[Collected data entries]
****
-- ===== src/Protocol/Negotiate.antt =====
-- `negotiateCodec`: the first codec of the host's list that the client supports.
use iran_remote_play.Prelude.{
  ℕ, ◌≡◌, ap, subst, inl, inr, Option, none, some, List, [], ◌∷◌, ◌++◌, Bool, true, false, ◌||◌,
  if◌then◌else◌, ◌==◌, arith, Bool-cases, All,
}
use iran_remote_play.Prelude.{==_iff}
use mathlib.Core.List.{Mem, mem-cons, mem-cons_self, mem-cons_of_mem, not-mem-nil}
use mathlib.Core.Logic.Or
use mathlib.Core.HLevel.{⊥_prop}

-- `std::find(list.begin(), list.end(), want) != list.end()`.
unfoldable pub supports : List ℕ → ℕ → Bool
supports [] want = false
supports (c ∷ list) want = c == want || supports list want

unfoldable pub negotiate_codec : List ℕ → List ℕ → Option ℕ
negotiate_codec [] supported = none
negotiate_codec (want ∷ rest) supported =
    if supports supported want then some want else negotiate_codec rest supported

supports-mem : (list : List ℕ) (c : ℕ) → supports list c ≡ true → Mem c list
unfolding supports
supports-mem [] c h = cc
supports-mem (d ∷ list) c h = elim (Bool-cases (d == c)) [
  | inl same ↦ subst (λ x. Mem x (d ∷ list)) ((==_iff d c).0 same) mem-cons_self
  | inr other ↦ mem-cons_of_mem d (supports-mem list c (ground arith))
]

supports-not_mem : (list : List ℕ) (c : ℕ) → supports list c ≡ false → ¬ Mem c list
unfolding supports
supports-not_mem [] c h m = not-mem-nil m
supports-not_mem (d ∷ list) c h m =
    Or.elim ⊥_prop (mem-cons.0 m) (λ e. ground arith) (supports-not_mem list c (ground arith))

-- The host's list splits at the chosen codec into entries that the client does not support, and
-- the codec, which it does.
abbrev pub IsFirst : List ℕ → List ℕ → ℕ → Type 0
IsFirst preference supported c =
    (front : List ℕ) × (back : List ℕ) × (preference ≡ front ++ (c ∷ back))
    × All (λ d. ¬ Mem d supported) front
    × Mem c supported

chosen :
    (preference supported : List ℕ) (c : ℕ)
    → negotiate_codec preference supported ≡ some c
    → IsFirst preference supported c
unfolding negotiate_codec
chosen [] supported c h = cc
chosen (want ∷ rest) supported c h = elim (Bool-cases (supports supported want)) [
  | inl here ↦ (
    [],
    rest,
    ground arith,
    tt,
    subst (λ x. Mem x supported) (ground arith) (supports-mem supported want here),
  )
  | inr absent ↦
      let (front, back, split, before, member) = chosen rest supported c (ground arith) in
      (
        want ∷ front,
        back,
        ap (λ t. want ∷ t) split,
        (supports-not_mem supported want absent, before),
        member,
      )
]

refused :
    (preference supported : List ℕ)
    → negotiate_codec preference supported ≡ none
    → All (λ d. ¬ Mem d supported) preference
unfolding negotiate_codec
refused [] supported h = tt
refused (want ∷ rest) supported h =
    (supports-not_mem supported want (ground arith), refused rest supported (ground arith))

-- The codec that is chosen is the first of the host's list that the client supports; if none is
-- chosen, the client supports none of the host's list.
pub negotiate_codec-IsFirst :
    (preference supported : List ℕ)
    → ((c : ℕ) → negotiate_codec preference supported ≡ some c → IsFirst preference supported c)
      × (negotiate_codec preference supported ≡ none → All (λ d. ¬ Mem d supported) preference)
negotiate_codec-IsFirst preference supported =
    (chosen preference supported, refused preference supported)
****
_WORK INSTRUCTION_
Copy, exactly as written, the lines above, beginning with the one that contains "preference supported c)" and ending with the last.

_YOUR SOLUTION_
    → ((c : ℕ) → negotiate_codec preference supported ≡ some c → IsFirst preference supported c)
      × (negotiate_codec preference supported ≡ none → All (λ d. ¬ Mem d supported) preference)
negotiate_codec-IsFirst preference supported =
    (chosen preference supported, refused preference supported)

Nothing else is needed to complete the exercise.